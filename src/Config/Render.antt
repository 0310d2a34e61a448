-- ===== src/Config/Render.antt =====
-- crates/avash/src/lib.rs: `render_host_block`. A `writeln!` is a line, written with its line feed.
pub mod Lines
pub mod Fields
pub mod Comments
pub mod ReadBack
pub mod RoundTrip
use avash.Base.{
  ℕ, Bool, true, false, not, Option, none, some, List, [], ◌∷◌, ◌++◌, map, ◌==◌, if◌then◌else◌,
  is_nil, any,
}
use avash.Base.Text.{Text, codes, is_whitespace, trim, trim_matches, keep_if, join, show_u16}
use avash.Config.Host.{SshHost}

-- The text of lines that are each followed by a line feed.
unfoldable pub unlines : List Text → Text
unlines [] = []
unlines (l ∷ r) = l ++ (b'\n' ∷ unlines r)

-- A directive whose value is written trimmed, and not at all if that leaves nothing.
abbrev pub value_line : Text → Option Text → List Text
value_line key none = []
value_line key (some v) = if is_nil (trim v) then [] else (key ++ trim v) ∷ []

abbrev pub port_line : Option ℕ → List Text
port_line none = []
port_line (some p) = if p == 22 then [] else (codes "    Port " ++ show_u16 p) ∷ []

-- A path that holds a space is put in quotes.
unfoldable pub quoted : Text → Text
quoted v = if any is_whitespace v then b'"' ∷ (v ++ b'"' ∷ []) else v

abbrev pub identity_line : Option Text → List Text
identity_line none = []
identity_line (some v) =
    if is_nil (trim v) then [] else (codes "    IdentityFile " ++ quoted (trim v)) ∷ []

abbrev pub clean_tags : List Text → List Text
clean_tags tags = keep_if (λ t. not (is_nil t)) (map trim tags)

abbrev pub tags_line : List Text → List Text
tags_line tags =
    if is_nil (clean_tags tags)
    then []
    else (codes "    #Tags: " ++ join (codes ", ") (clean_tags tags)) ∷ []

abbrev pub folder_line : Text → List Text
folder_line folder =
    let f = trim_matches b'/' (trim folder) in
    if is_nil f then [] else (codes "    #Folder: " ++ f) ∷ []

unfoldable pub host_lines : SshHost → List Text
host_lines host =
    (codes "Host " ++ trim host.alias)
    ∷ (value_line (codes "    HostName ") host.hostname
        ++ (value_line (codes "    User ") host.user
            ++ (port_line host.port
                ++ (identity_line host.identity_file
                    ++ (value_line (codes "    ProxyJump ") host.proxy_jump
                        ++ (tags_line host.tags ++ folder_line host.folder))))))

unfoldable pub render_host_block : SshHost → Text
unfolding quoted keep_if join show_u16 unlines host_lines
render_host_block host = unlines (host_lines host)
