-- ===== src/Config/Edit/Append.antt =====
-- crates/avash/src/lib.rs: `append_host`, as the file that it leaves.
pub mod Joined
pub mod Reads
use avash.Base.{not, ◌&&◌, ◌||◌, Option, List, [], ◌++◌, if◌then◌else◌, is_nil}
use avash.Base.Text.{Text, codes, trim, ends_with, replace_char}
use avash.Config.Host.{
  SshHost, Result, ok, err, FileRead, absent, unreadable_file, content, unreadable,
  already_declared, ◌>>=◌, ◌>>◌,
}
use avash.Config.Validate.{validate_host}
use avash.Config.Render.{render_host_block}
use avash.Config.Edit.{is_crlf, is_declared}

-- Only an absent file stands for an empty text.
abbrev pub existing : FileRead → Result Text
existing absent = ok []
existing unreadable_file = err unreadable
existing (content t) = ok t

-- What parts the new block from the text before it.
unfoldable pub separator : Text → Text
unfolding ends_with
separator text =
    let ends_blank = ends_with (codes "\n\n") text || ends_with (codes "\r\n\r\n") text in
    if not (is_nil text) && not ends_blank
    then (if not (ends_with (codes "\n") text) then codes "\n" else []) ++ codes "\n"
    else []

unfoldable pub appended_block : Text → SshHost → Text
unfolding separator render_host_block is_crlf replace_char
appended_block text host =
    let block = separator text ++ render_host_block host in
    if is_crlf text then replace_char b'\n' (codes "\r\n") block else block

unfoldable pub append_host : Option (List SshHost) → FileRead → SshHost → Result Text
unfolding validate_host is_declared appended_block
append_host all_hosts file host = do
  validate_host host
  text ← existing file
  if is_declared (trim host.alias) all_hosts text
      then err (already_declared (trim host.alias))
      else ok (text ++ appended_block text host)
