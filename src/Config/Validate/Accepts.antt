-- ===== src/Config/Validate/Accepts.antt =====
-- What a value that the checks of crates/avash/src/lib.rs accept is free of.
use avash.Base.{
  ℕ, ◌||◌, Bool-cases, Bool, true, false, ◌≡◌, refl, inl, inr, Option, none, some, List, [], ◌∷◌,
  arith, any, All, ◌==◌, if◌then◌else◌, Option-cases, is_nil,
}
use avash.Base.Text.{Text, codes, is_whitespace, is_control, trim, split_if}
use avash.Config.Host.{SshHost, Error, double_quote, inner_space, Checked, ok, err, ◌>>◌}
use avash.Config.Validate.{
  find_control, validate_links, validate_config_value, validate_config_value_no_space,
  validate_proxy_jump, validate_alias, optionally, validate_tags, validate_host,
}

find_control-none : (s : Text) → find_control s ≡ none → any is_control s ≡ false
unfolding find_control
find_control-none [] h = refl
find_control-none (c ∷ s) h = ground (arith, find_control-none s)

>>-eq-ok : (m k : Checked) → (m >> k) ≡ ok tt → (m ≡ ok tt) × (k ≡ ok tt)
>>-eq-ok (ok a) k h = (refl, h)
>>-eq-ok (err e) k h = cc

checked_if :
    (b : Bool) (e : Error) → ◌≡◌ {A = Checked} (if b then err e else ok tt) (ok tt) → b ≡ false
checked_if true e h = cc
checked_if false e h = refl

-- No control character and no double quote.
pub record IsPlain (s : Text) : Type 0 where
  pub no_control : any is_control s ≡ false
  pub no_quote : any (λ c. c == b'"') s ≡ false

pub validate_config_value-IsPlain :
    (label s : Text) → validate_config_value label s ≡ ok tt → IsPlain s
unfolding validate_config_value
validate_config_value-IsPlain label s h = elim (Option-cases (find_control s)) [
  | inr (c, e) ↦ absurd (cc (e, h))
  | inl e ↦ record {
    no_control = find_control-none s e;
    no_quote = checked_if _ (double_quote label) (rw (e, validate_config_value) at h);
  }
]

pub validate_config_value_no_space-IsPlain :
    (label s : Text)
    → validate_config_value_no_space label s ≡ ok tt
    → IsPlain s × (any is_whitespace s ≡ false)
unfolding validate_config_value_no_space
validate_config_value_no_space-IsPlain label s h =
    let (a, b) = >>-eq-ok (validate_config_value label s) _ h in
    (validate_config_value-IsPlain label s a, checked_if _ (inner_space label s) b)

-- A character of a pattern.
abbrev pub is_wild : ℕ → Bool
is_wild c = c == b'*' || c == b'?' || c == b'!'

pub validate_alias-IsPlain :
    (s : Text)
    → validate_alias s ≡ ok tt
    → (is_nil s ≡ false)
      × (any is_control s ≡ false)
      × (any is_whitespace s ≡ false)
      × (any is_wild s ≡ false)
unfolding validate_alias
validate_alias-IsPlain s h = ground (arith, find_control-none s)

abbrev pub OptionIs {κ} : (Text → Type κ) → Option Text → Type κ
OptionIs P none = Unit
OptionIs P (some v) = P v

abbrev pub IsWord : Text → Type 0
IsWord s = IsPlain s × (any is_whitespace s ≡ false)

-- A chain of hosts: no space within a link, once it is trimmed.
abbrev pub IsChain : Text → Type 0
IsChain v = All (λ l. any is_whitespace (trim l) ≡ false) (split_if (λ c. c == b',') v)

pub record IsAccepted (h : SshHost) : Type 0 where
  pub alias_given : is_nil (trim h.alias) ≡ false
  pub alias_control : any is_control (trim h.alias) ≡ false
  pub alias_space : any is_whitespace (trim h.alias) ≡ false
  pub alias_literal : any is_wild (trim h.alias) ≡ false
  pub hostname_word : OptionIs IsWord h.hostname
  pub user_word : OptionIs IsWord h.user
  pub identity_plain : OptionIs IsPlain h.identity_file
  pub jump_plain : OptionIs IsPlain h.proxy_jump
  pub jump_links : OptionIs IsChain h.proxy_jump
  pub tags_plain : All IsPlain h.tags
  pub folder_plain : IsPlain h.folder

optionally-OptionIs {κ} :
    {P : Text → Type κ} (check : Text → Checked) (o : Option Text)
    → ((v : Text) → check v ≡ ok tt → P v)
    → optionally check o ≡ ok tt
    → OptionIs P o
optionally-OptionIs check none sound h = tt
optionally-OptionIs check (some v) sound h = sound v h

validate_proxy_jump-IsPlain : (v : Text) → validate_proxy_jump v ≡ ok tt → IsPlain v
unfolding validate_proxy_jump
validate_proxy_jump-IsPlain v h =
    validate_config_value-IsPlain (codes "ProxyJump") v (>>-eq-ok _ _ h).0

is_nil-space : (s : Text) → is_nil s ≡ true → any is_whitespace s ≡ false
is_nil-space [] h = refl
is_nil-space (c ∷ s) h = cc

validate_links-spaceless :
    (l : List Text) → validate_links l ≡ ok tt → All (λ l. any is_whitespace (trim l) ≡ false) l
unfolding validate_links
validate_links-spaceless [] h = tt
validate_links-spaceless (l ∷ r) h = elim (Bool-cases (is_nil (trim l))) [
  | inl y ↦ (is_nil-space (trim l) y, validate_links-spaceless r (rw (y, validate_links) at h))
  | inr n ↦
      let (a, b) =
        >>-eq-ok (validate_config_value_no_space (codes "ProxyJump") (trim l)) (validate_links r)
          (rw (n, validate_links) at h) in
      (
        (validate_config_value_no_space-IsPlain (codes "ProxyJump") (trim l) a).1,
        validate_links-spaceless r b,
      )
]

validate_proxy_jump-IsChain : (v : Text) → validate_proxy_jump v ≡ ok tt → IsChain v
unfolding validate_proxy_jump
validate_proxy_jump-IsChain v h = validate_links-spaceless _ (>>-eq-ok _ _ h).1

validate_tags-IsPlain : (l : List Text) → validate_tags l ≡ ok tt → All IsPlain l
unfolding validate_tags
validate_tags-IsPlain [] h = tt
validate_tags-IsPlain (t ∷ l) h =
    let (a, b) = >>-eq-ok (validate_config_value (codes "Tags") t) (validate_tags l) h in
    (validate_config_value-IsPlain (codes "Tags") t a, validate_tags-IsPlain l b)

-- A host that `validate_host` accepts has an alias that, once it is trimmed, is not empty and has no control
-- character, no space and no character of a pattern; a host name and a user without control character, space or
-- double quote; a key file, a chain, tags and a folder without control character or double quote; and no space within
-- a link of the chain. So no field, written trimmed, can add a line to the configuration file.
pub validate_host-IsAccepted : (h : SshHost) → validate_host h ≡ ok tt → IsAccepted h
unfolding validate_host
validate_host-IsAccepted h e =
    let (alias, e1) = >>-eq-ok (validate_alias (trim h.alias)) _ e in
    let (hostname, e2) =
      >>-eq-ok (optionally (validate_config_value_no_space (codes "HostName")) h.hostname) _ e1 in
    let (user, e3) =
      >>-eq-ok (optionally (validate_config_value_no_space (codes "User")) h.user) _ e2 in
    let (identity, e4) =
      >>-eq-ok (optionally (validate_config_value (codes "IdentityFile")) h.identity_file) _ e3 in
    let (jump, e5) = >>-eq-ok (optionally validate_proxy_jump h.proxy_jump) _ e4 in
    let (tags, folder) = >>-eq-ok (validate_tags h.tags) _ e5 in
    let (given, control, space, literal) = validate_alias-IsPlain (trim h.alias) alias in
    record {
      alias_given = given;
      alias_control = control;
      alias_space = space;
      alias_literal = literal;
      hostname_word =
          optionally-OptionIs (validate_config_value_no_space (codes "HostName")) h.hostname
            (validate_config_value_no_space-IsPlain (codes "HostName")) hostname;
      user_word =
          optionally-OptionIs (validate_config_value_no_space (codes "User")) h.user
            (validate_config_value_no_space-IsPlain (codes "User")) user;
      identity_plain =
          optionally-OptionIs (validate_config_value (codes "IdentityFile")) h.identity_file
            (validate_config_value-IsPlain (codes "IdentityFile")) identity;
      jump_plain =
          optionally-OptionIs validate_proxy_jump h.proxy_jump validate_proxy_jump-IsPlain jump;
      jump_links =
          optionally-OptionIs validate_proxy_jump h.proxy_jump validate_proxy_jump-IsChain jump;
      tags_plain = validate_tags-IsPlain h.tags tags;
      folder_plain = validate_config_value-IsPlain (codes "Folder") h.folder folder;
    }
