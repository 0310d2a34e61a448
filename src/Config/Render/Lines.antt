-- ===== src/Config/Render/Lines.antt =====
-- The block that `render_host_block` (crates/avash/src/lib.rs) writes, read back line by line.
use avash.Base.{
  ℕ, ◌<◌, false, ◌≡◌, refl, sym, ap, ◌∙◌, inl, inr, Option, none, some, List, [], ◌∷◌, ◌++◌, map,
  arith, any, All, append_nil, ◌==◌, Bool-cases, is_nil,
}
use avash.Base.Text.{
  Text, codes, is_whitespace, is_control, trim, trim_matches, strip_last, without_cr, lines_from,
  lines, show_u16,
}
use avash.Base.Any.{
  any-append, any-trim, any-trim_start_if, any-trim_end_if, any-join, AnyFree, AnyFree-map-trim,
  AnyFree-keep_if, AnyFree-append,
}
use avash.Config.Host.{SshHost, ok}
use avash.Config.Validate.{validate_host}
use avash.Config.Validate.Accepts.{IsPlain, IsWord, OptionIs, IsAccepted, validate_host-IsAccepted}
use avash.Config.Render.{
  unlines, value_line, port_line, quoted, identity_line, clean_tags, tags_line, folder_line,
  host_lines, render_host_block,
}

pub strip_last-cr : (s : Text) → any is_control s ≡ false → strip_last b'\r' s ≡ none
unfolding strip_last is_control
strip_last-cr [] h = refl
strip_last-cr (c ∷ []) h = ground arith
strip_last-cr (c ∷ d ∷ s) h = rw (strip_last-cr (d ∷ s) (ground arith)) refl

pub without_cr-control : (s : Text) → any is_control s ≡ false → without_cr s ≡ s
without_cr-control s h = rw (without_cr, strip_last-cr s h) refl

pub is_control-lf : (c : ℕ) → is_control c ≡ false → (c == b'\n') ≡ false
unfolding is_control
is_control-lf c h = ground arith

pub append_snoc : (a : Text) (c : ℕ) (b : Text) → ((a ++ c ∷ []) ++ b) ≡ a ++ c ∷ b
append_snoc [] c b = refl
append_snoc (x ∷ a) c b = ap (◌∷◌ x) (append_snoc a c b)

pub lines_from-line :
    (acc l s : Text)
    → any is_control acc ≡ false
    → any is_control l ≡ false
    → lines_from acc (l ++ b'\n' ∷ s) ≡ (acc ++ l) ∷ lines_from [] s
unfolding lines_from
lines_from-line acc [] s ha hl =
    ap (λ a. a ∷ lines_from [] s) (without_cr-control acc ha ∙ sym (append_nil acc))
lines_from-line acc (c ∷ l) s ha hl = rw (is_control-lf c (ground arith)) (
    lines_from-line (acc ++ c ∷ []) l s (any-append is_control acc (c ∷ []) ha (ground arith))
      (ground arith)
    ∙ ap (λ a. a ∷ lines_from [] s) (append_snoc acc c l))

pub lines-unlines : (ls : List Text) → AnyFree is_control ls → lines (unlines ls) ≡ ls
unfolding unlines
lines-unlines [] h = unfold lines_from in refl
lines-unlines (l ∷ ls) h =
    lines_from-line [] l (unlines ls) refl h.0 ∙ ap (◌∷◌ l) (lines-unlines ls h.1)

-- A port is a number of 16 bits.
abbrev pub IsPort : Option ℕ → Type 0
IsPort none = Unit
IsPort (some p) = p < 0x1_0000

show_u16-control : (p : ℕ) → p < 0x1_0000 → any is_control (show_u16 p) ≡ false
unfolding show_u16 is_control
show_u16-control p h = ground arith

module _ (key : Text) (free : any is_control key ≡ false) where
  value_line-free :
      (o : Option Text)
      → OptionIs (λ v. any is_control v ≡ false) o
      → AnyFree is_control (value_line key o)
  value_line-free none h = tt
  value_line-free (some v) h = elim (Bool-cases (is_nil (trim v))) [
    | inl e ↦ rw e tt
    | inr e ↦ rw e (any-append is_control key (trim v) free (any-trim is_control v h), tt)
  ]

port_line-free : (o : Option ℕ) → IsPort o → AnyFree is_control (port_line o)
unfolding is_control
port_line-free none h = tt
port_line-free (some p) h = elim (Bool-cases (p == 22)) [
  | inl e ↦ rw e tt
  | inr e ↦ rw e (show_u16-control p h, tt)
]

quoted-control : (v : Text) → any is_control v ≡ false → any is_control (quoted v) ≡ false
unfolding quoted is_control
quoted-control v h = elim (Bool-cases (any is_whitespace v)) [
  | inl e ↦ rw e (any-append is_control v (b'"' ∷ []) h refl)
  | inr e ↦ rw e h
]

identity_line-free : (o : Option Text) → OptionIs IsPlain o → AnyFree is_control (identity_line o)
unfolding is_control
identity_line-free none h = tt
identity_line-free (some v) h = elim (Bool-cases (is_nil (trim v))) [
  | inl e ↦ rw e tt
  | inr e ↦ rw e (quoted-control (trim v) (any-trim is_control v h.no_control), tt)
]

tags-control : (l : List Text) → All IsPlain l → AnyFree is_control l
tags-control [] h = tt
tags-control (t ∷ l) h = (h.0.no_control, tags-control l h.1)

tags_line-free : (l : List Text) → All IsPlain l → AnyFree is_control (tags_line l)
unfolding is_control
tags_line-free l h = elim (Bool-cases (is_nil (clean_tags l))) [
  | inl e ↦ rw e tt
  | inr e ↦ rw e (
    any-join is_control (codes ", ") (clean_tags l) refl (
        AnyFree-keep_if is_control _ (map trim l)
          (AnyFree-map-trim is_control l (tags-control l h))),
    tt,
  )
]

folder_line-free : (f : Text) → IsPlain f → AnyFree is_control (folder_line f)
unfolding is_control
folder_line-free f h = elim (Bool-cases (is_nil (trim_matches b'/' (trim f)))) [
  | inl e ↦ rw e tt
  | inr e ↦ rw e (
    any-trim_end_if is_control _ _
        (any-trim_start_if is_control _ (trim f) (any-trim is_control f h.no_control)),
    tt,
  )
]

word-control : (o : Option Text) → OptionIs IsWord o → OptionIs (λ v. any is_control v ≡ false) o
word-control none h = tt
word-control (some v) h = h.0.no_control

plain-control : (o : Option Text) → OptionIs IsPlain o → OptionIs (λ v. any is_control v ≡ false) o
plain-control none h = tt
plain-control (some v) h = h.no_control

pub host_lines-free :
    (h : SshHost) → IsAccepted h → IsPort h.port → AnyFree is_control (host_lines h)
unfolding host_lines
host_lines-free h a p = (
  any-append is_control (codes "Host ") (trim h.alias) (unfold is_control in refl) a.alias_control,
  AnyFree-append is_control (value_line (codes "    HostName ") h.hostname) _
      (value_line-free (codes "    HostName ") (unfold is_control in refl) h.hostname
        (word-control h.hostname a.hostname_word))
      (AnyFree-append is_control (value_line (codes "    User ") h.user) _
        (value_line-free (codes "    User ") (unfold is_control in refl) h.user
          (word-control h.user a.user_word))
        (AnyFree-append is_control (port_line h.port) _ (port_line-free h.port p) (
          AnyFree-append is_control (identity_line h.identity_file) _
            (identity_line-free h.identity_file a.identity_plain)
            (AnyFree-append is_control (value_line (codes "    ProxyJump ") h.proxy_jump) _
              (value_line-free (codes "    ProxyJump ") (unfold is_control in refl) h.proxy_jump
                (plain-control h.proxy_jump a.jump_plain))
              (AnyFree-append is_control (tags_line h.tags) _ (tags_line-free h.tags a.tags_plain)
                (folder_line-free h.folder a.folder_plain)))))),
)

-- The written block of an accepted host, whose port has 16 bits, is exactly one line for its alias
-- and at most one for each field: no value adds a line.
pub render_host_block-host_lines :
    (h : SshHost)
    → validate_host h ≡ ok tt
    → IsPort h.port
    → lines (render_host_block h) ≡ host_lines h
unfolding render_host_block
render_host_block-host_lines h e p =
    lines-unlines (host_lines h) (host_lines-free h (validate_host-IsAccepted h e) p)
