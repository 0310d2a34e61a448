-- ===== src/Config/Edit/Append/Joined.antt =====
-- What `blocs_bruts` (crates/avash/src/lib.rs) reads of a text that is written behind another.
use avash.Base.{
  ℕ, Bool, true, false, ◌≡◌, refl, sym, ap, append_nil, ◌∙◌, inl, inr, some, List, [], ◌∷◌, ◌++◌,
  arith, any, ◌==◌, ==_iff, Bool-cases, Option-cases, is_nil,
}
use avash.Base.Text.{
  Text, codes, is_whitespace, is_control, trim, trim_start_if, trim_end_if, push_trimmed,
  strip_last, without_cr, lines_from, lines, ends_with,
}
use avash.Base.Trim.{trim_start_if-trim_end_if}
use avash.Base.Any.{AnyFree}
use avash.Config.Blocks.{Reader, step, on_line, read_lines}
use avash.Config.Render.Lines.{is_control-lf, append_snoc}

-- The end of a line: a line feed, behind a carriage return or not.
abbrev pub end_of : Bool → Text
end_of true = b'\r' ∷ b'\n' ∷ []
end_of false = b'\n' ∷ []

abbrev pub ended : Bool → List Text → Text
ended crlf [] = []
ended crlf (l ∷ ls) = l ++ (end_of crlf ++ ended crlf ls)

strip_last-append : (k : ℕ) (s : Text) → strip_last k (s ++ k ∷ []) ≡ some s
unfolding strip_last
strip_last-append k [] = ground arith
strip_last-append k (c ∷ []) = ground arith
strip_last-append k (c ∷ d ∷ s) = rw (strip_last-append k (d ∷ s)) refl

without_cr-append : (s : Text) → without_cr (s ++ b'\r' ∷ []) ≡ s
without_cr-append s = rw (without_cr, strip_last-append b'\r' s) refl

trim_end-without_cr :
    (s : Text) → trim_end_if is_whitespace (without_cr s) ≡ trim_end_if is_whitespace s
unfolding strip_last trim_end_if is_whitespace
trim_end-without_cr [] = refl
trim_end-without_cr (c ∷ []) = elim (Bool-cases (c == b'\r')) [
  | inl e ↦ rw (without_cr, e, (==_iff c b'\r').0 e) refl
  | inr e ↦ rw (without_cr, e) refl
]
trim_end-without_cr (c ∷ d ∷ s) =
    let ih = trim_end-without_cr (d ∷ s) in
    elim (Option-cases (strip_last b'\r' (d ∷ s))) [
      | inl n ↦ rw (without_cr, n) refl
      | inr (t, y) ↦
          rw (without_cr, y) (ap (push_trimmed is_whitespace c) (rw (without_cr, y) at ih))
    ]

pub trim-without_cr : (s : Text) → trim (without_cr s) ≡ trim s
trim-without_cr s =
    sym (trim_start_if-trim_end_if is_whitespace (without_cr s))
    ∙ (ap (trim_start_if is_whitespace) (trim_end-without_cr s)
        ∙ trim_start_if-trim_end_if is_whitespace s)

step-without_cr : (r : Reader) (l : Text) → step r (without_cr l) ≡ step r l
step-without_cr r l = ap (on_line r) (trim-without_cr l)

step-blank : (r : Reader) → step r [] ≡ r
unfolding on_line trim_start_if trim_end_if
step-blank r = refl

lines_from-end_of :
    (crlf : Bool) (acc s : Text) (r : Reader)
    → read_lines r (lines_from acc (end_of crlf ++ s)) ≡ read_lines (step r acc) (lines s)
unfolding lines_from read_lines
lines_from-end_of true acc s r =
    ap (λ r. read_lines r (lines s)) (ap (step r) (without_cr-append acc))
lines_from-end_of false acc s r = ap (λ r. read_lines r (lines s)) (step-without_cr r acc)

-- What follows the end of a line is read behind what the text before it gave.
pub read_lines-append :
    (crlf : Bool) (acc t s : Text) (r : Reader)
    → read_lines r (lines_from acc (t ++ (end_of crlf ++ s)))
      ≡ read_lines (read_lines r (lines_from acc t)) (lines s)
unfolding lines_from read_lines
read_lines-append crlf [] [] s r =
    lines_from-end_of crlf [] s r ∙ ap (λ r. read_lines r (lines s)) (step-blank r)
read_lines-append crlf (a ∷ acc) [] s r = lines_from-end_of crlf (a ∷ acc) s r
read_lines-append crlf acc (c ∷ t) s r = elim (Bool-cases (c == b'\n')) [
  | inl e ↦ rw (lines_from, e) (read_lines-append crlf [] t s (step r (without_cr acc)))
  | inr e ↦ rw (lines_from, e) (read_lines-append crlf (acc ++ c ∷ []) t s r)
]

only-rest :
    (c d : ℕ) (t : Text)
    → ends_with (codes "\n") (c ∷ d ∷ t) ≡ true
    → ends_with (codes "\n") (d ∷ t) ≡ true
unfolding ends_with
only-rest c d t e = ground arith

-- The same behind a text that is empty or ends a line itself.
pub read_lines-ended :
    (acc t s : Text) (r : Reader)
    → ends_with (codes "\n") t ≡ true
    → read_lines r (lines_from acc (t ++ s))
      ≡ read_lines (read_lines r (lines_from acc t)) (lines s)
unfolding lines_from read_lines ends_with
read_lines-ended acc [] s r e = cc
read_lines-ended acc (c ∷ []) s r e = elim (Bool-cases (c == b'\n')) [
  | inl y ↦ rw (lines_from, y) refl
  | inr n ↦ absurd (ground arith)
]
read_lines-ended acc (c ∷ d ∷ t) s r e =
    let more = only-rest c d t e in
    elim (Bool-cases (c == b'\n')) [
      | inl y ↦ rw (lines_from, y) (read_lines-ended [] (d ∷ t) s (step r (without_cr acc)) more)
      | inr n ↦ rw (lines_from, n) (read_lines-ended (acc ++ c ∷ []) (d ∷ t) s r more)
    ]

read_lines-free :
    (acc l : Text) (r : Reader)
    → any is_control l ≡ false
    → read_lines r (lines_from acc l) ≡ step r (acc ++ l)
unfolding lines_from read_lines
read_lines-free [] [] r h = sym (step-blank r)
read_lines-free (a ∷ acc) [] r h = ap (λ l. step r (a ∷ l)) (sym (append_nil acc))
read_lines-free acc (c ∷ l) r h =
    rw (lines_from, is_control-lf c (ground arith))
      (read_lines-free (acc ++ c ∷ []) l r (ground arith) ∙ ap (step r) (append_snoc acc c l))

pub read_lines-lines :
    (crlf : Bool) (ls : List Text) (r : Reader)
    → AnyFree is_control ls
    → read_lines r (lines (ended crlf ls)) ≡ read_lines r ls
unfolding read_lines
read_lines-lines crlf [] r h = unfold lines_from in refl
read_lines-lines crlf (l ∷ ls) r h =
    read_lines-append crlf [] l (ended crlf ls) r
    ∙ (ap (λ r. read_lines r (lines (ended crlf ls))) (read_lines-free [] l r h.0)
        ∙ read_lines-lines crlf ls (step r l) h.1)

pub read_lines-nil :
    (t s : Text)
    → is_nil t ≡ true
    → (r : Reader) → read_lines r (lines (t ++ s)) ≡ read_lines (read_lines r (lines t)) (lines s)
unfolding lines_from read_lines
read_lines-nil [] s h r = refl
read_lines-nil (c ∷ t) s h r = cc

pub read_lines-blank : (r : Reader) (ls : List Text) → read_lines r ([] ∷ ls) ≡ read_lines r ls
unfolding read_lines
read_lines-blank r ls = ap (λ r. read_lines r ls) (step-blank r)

• • • •

### Work to complete
Would you retype exactly the lines above, from the line with "unfolding validate_alias" to the line with "pub jump_plain : OptionIs", with both end lines kept and nothing more?

### Completed exercise
unfolding validate_alias
validate_alias-IsPlain s h = ground (arith, find_control-none s)

abbrev pub OptionIs {κ} : (Text → Type κ) → Option Text → Type κ
OptionIs P none = Unit
OptionIs P (some v) = P v

abbrev pub IsWord : Text → Type 0
IsWord s = IsPlain s × (any is_whitespace s ≡ false)

-- A chain of hosts: no space within a link, once it is trimmed.
abbrev pub IsChain : Text → Type 0
IsChain v = All (λ l. any is_whitespace (trim l) ≡ false) (split_if (λ c. c == b',') v)

pub record IsAccepted (h : SshHost) : Type 0 where
  pub alias_given : is_nil (trim h.alias) ≡ false
  pub alias_control : any is_control (trim h.alias) ≡ false
  pub alias_space : any is_whitespace (trim h.alias) ≡ false
  pub alias_literal : any is_wild (trim h.alias) ≡ false
  pub hostname_word : OptionIs IsWord h.hostname
  pub user_word : OptionIs IsWord h.user
  pub identity_plain : OptionIs IsPlain h.identity_file
  pub jump_plain : OptionIs IsPlain h.proxy_jump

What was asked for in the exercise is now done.